5. Kartu baca dekat Cara Pemeriksaan:

Persiapkan penderita untuk duduk sejajar pada jarak 6 meter dari optotype snellen. Tentukan dahulu ketajaman penglihatan masing-masing mata, dengan menutup mata yang tidak diperiksa. Pemeriksaan dilakukan dengan menunjukkan huruf-huruf pada optotype snelen mulai dari deretan huruf terbesar sampai deretan huruf terkecil yang masih dapat dilihat atau dibaca dengan jelas dan lengkap (=D). Disebelah kanan deretan huruf tersebut, tertera angka yang menunjukkan jarak dalam meter yang masih dapat dibaca mata normal (emmetrop). Ketajaman penglihatan ditentukan dengan rumus snellen yaitu V= d/D, harga d selalu 5 atau 6 meter. Ukur jarak pupil (PD/Pupil Distance) kedua mata untuk mengukur jarak frame kanan dan kiri pada trial frame yang akan dipasangkan dan kaca mata atau lensa bantu koreksi nantinya. Tentukan jarak pupil mata kanan dan kiri dengan meletakkan penggaris di depan kedua mata, kemudian mengarahkan senter di tengah kedua mata pasien. Perhatikan reflek cahaya pada kedua kornea mata, kemudian ukur jarak antara kedua reflek tersebut dalam mm maka didapatkan jarak pupil untuk penglihatan dekat. Tambahkan 2 mm untuk jarak pupil untuk penglihatan jauh. Bila hasil visus awal adalah 6/6, maka kemungkinan keadaan mata adalah emmetropia atau hipermetropia dengan akomodasi. Pasang kaca mata coba pada posisi yang tepat yaitu jarak pupil untuk penglihatan dekat. Pasang penutup (occluder) di depan salah satu mata yang belum akan diperiksa

(2)

Pemeriksaan dimulai dengan memberikan lensa speris positif (+)0,25D. Ulangi pemeriksaan dengan meminta penderita membaca semua deretan huruf snellen dari yang terbesar hingga terkecil yang masih dapat dibaca dengan jelas dan lengkap.
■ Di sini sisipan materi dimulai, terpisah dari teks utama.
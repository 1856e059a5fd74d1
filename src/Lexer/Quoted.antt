-- ===== src/Lexer/Quoted.antt =====
-- What the rules of src/gdbwire_mi_lexer.l pick at a C string as GDB writes it.
use gdbwire.Base.{
  ℕ, suc, ◌+◌, ◌≡◌, refl, ap, sym, ◌∙◌, subst, List, [], ◌∷◌, ◌++◌, Bool, true, false, Option, none,
  some, inl, inr, Bytes, length, take, drop, get_elem?, arith, length-append, ◌==◌, if◌then◌else◌,
  ltb, length-take, take-append-drop, append_assoc,
}
use gdbwire.Lexer.{
  string_literal, cstring, Regex, byte, then_, either, char, on, best, rules, not_newline, is_plain,
  cstring_pattern,
}
use gdbwire.Lexer.Derivatives.{Matches, All, concat}
use gdbwire.Lexer.First.{AllRules-Flagged, Within, Acts, best-text}
use gdbwire.Lexer.Absent.{quote_flags, absent-Within, absent-Acts, byte-Within}
use gdbwire.Grammar.Unescape.{
  escaped-some, escaped_byte, escaped, by_letter, as_itself, as_octal, byte-Written,
}

-- How many bytes there are up to the closing quote; the flag is set behind a backslash.
abbrev up : Option ℕ → Option ℕ
up none = none
up (some n) = some (suc n)

abbrev closing : Bool → Bytes → Option ℕ
closing b [] = none
closing true (c ∷ cs) = up (closing false cs)
closing false (c ∷ cs) = if c == b'"' then some 1 else up (closing (c == b'\\') cs)

-- The parts of a C string: an escape of two bytes, or a plain byte.
abbrev part : Regex
part = either (then_ (char b'\\') (byte not_newline)) (byte is_plain)

closing_escape :
    (c d : ℕ) (cs : Bytes) (n : ℕ)
    → c == b'\\' ≡ true
    → closing false cs ≡ some n
    → closing false (c ∷ d ∷ cs) ≡ some (n + 2)
closing_escape c d cs n h k =
    let no_quote : c == b'"' ≡ false = ground arith in rw (no_quote, h, k) (ap some (omega arith))

closing_plain :
    (c : ℕ) (cs : Bytes) (n : ℕ)
    → is_plain c ≡ true
    → closing false cs ≡ some n
    → closing false (c ∷ cs) ≡ some (n + 1)
closing_plain c cs n h k =
    let no_quote : c == b'"' ≡ false = ground arith in
    let no_escape : c == b'\\' ≡ false = ground arith in
    rw (no_quote, no_escape, k) (ap some (omega arith))

closing-parts :
    (ls : List Bytes) (rest : Bytes)
    → All (Matches part) ls
    → closing false (concat ls ++ (b'"' ∷ rest)) ≡ some (length (concat ls) + 1)
closing-parts [] rest h = refl
closing-parts (l ∷ ls) rest (inl (u, v, e, (c, f, g), (d, f', g')), hs) =
    let two : l ≡ c ∷ d ∷ [] = e ∙ ap (λ t. t ++ v) f ∙ ap (λ t. c ∷ t) f' in
    subst
      (λ t. closing false ((t ++ concat ls) ++ (b'"' ∷ rest)) ≡ some (length (t ++ concat ls) + 1))
      (sym two)
      (closing_escape c d (concat ls ++ (b'"' ∷ rest)) _ g (closing-parts ls rest hs)
        ∙ ap some (omega arith))
closing-parts (l ∷ ls) rest (inr (c, f, g), hs) =
    subst
      (λ t. closing false ((t ++ concat ls) ++ (b'"' ∷ rest)) ≡ some (length (t ++ concat ls) + 1))
      (sym f)
      (closing_plain c (concat ls ++ (b'"' ∷ rest)) _ g (closing-parts ls rest hs)
        ∙ ap some (omega arith))

slashed : (x : ℕ) → ltb 31 x ≡ true → Matches part (b'\\' ∷ x ∷ [])
slashed x h = inl (b'\\' ∷ [], x ∷ [], refl, (b'\\', refl, refl), (x, refl, ground (arith, h)))

plain : (x : ℕ) → is_plain x ≡ true → Matches part (x ∷ [])
plain x h = inr (x, refl, h)

-- A byte as GDB writes it is one part, or the three of an octal escape.
escaped_byte-parts :
    (c : ℕ) (rest : Bytes)
    → (ls : List Bytes) × (escaped_byte c rest ≡ concat ls ++ rest) × All (Matches part) ls
escaped_byte-parts c rest = elim (byte-Written c rest) [
  | by_letter l e h ↦ ((b'\\' ∷ l ∷ []) ∷ [], e, (slashed l h.1, tt))
  | as_itself e q b k s ↦ ((c ∷ []) ∷ [], e, (plain c (ground (arith, q, b, k)), tt))
  | as_octal d x f e o h i j s ↦ (
    (b'\\' ∷ d ∷ []) ∷ (x ∷ []) ∷ (f ∷ []) ∷ [],
    e,
    (
      slashed d (ground (arith, h)),
      (plain x (ground (arith, i)), (plain f (ground (arith, j)), tt)),
    ),
  )
]

concat-append : (ls ms : List Bytes) → concat (ls ++ ms) ≡ concat ls ++ concat ms
concat-append [] ms = refl
concat-append (l ∷ ls) ms =
    ap (λ t. l ++ t) (concat-append ls ms) ∙ sym (append_assoc l (concat ls) (concat ms))

All-append : (P : Bytes → Type 0) (ls ms : List Bytes) → All P ls → All P ms → All P (ls ++ ms)
All-append P [] ms h k = k
All-append P (l ∷ ls) ms h k = (h.0, All-append P ls ms h.1 k)

escaped-parts :
    (t : Bytes) → (ls : List Bytes) × (escaped t ≡ concat ls ++ (b'"' ∷ [])) × All (Matches part) ls
escaped-parts [] = ([], refl, tt)
escaped-parts (c ∷ cs) =
    let (ls, e, h) = escaped-parts cs in
    let (ms, f, k) = escaped_byte-parts c (escaped cs) in
    (
      ms ++ ls,
      f
          ∙ ap (λ t. concat ms ++ t) e
          ∙ sym (append_assoc (concat ms) (concat ls) (b'"' ∷ []))
          ∙ ap (λ t. t ++ (b'"' ∷ [])) (sym (concat-append ms ls)),
      All-append (Matches part) ms ls k h,
    )

closing-escaped : (t rest : Bytes) → closing false (escaped t ++ rest) ≡ some (length (escaped t))
closing-escaped t rest =
    let (ls, e, h) = escaped-parts t in
    ap (λ u. closing false (u ++ rest)) e
    ∙ ap (closing false) (append_assoc (concat ls) (b'"' ∷ []) rest)
    ∙ closing-parts ls rest h
    ∙ ap some (sym (ap length e ∙ length-append {0} (concat ls) (b'"' ∷ [])))

cstring-Matches : (t : Bytes) → Matches cstring_pattern (b'"' ∷ escaped t)
cstring-Matches t =
    let (ls, e, h) = escaped-parts t in
    (
      b'"' ∷ [],
      escaped t,
      refl,
      (b'"', refl, refl),
      (concat ls, b'"' ∷ [], e, (ls, refl, h), (b'"', refl, refl)),
    )

-- No match goes past the closing quote.
cstring-Within : (t rest : Bytes) → Within (b'"' ∷ escaped t) rest (on cstring_pattern cstring)
cstring-Within t rest n le (a, v, e, (q, fq, gq), (w, z, f, (ls, g, hs), (q', fz, gz))) =
    let bs : Bytes = (b'"' ∷ escaped t) ++ rest in
    let last : z ≡ b'"' ∷ [] = let same : q' ≡ b'"' = ground arith in fz ∙ ap (λ c. c ∷ []) same in
    let whole : take n bs ≡ q ∷ (concat ls ++ (b'"' ∷ [])) =
      e
      ∙ ap (λ x. x ++ v) fq
      ∙ ap (◌∷◌ q) (f ∙ ap (λ x. x ++ z) g ∙ ap (λ x. concat ls ++ x) last) in
    let behind : escaped t ++ rest ≡ (concat ls ++ (b'"' ∷ [])) ++ drop n bs =
      same_tail (sym (take-append-drop n bs) ∙ ap (λ x. x ++ drop n bs) whole) in
    let count : some (length (escaped t)) ≡ some (length (concat ls) + 1) =
      sym (closing-escaped t rest)
      ∙ ap (closing false) (behind ∙ append_assoc (concat ls) (b'"' ∷ []) (drop n bs))
      ∙ closing-parts ls (drop n bs) hs in
    let counted : length (escaped t) ≡ length (concat ls) + 1 = cc in
    omega (
      arith,
      length-take {0} n bs,
      ap length whole,
      length-append {0} (concat ls) (b'"' ∷ []),
      counted,
    )
  where
    same_tail : {x y : ℕ} {xs ys : Bytes} → ◌≡◌ {A = Bytes} (x ∷ xs) (y ∷ ys) → xs ≡ ys
    same_tail e = cc

-- A C string has two quotes.
long : (t : Bytes) → Acts (b'"' ∷ escaped t) (some cstring) (on (byte not_newline) string_literal)
long t (c, e, h) = let (d, ds, f) = escaped-some t in absurd (ground arith)

cstring_at : get_elem? rules 21 ≡ some (on cstring_pattern cstring)
unfolding rules
cstring_at = refl

-- A C string is picked whole, whatever follows.
pub best-cstring :
    (t rest : Bytes)
    → best rules ((b'"' ∷ escaped t) ++ rest) ≡ some (length (b'"' ∷ escaped t), some cstring)
unfolding rules
best-cstring t rest =
    best-text (b'"' ∷ escaped t) rest 21 (on cstring_pattern cstring) cstring_at (cstring-Matches t)
      (AllRules-Flagged (Within (b'"' ∷ escaped t) rest) b'"' rules _
        (absent-Within b'"' (escaped t) rest) quote_flags
        (
          byte-Within b'"' (escaped t) rest not_newline (some string_literal),
          (cstring-Within t rest, tt),
        ))
      (AllRules-Flagged (Acts (b'"' ∷ escaped t) (some cstring)) b'"' rules _
        (absent-Acts b'"' (escaped t) (some cstring)) quote_flags (long t, (λ k. refl, tt)))
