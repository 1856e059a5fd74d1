-- ===== src/Lexer/Words.antt =====
-- What the rules of src/gdbwire_mi_lexer.l pick at a sign, a word, a number and a C string.
use gdbwire.Base.{
  ℕ, ◌≡◌, refl, [], ◌∷◌, ◌++◌, true, false, some, Bytes, length, take, get_elem?, arith, is_digit,
}
use gdbwire.MiParser.Lines.{AllBytes}
use gdbwire.Lexer.{
  string_literal, integer_literal, byte, plus, on, best, rules, is_letter, is_word, not_newline,
  identifier,
}
use gdbwire.Lexer.Derivatives.{Matches}
use gdbwire.Lexer.Stays.{Only}
use gdbwire.Lexer.First.{starts_rules, AllRules-Flagged, Within, Acts, best-text}
use gdbwire.Lexer.Absent.{
  absent-Within, absent-Acts, byte-Within, Only-Within, IsWordByte, IsName, many-Matches, absent,
  flags_below_sound, letter_table, digit_table, starts_rules-take,
}

word_at : get_elem? rules 19 ≡ some (on identifier string_literal)
unfolding rules
word_at = refl

number_at : get_elem? rules 17 ≡ some (on (plus (byte is_digit)) integer_literal)
unfolding rules
number_at = refl

identifier-IsWordByte : Only IsWordByte identifier
identifier-IsWordByte = ((λ c h. ground arith, λ c h. ground arith), λ c h. h)

name-Matches : (u : Bytes) → IsName u → Matches identifier u
name-Matches [] h = absurd h
name-Matches (c ∷ cs) h = (
  c ∷ [],
  cs,
  refl,
  (c ∷ [], [], refl, (c, refl, h.0), ([], refl, tt)),
  many-Matches is_word cs h.1,
)

-- A name is picked whole in front of a byte that is not of a name.
pub best-name :
    (u : Bytes) (d : ℕ) (ds : Bytes)
    → IsName u
    → is_word d ≡ false
    → best rules (u ++ (d ∷ ds)) ≡ some (length u, some string_literal)
unfolding rules
best-name [] d ds h other = absurd h
best-name (x ∷ us) d ds h other =
    best-text (x ∷ us) (d ∷ ds) 19 (on identifier string_literal) word_at (name-Matches (x ∷ us) h)
      (AllRules-Flagged (Within (x ∷ us) (d ∷ ds)) x rules _ (absent-Within x us (d ∷ ds)) flags (
        Only-Within IsWordByte (x ∷ us) d ds (on identifier string_literal) identifier-IsWordByte
            (λ k. cc),
        (byte-Within x us (d ∷ ds) not_newline (some string_literal), tt),
      ))
      (AllRules-Flagged (Acts (x ∷ us) (some string_literal)) x (take 20 rules)
        (absent 19 (true ∷ [])) (absent-Acts x us (some string_literal))
        (starts_rules-take 20 x rules _ flags) (λ k. refl, tt))
  where
    flags : starts_rules x rules ≡ absent 19 (true ∷ true ∷ false ∷ [])
    flags = flags_below_sound 123 is_letter _ x letter_table (ground (arith, h.0)) h.0

pub best-number :
    (x : ℕ) (us : Bytes) (d : ℕ) (ds : Bytes)
    → AllBytes (λ c. is_digit c ≡ true) (x ∷ us)
    → is_digit d ≡ false
    → best rules ((x ∷ us) ++ (d ∷ ds)) ≡ some (length (x ∷ us), some integer_literal)
unfolding rules
best-number x us d ds h other =
    best-text (x ∷ us) (d ∷ ds) 17 (on (plus (byte is_digit)) integer_literal) number_at
      (x ∷ [], us, refl, (x, refl, h.0), many-Matches is_digit us h.1)
      (AllRules-Flagged (Within (x ∷ us) (d ∷ ds)) x rules _ (absent-Within x us (d ∷ ds)) flags (
        Only-Within (λ c. is_digit c ≡ true) (x ∷ us) d ds
            (on (plus (byte is_digit)) integer_literal) (λ c k. k, λ c k. k) (λ k. cc),
        (byte-Within x us (d ∷ ds) not_newline (some string_literal), tt),
      ))
      (AllRules-Flagged (Acts (x ∷ us) (some integer_literal)) x (take 18 rules)
        (absent 17 (true ∷ [])) (absent-Acts x us (some integer_literal))
        (starts_rules-take 18 x rules _ flags) (λ k. refl, tt))
  where
    flags : starts_rules x rules ≡ absent 17 (true ∷ false ∷ false ∷ true ∷ false ∷ [])
    flags = flags_below_sound 58 is_digit _ x digit_table (ground (arith, h.0)) h.0
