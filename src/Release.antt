-- ===== src/Release.antt =====
-- src/gdbwire_mi_pt_alloc.c: how a parse tree is released. A tree is given with the addresses of its
-- blocks; the state is which addresses are allocated. To read a member of a block that is not
-- allocated, or to release it, is undefined behaviour, `none`.
pub mod Order
pub mod Blocks
pub mod Commands
use gdbwire.Base.{ℕ, Bool, true, false, Option, none, some, ◌==◌, if◌then◌else◌}

abbrev pub Address : Type 0
Address = ℕ

abbrev pub Allocated : Type 0
Allocated = Address → Bool

abbrev pub Release : Type 0
Release = Allocated → Option Allocated

infixr 5 ◌then◌
abbrev pub ◌then◌ : Release → Release → Release
◌then◌ f g live = elim (f live) [ none ↦ none | some live1 ↦ g live1 ]

abbrev pub nothing : Release
nothing live = some live

abbrev pub without : Address → Allocated → Allocated
without a live b = if b == a then false else live b

-- A member of the block at `a` is read.
abbrev pub read : Address → Release
read a live = if live a then some live else none

-- `free` of an address that is not NULL, and of one that may be NULL
abbrev pub free : Address → Release
free a live = if live a then some (without a live) else none

abbrev pub free_text : Option Address → Release
free_text none = nothing
free_text (some a) = free a

-- `struct gdbwire_mi_result`: its address, its variable, its variant, and the next result. The
-- variant of a tuple and of a list is a result.
pub data ResultAt : Type 0 where
  no_result : ResultAt
  cstring_at : Address → Option Address → Option Address → ResultAt → ResultAt
  results_at : Address → Option Address → ResultAt → ResultAt → ResultAt

-- `struct gdbwire_mi_result_record` and `struct gdbwire_mi_async_record`: an address, a token and a
-- result.
pub data RecordAt : Type 0 where
  no_record : RecordAt
  record_at : Address → Option Address → ResultAt → RecordAt

pub data StreamAt : Type 0 where
  no_stream : StreamAt
  stream_at : Address → Option Address → StreamAt

pub data OobAt : Type 0 where
  no_oob : OobAt
  async_at : Address → RecordAt → OobAt
  stream_record_at : Address → StreamAt → OobAt

-- the variant of an output
pub data VariantAt : Type 0 where
  oob_at : OobAt → VariantAt
  result_record_at : RecordAt → VariantAt
  prompt_at : VariantAt
  error_at : Option Address → VariantAt

pub data OutputAt : Type 0 where
  no_output : OutputAt
  output_at : Address → VariantAt → Option Address → OutputAt → OutputAt

-- `gdbwire_mi_result_free`
unfoldable pub result_free : ResultAt → Release
result_free no_result = nothing
result_free (cstring_at a variable text next) =
    read a
    then free_text variable
    then read a
    then free_text text
    then read a
    then result_free next
    then free a
result_free (results_at a variable sub next) =
    read a
    then free_text variable
    then read a
    then result_free sub
    then read a
    then result_free next
    then free a

-- `gdbwire_mi_result_record_free`, and `gdbwire_mi_async_record_free` with the same text
unfoldable pub record_free : RecordAt → Release
record_free no_record = nothing
record_free (record_at a token result) =
    read a then free_text token then read a then result_free result then free a

-- `gdbwire_mi_stream_record_free`
unfoldable pub stream_free : StreamAt → Release
stream_free no_stream = nothing
stream_free (stream_at a text) = read a then free_text text then free a

-- `gdbwire_mi_oob_record_free`
unfoldable pub oob_free : OobAt → Release
oob_free no_oob = nothing
oob_free (async_at a r) = read a then record_free r then free a
oob_free (stream_record_at a r) = read a then stream_free r then free a

-- the switch of `gdbwire_mi_output_free`
unfoldable pub variant_free : VariantAt → Release
variant_free (oob_at r) = oob_free r
variant_free (result_record_at r) = record_free r
variant_free prompt_at = nothing
variant_free (error_at token) = free_text token

-- `gdbwire_mi_output_free`
unfoldable pub output_free : OutputAt → Release
output_free no_output = nothing
output_free (output_at a v line next) =
    read a
    then variant_free v
    then read a
    then free_text line
    then read a
    then output_free next
    then free a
Bila dengan lensa ini deretan huruf 6/6 yang semula jelas menjadi kabur maka berarti mata penderita adalah emmetropia. Pada hipermetropia, mata dapat melihat huruf-huruf yang lebih kecil dari 6/6 dengan akomodasi. Untuk koreksinya, pemeriksa mulai dengan memberikan lensa positif (+)0,25D, berturut-turut meningkat 0,25D. Hal ini adalah usaha untuk membuat mata menjadi emmetrop dengan mengurangi akomodasi, sebagai hasilnya diharapkan penderita dapat melihat deretan huruf 6/6 dengan jelas tanpa akomodasi. Lensa positif terkuat dimana mata hipermetropia masih dapat melihat deretan huruf 6/6 dengan jelas menunjukkan besar kelainan hipermetropianya. Bila visus kurang dari 6/6, lanjutkan dengan tes pinhole dengan meletakkan pinhole didepan mata yang diperiksa. Bila dengan tes pinhole ketajaman penglihatan menjadi lebih baik maka terbukti pasien mengalamai kelainan refraksi, namun bila pada tes pinhole tidak mengalami perbaikan maka pasien tidak mengalami kelainan refraksi dan perlu dirujuk untuk pemeiksaan mata lebih lanjut.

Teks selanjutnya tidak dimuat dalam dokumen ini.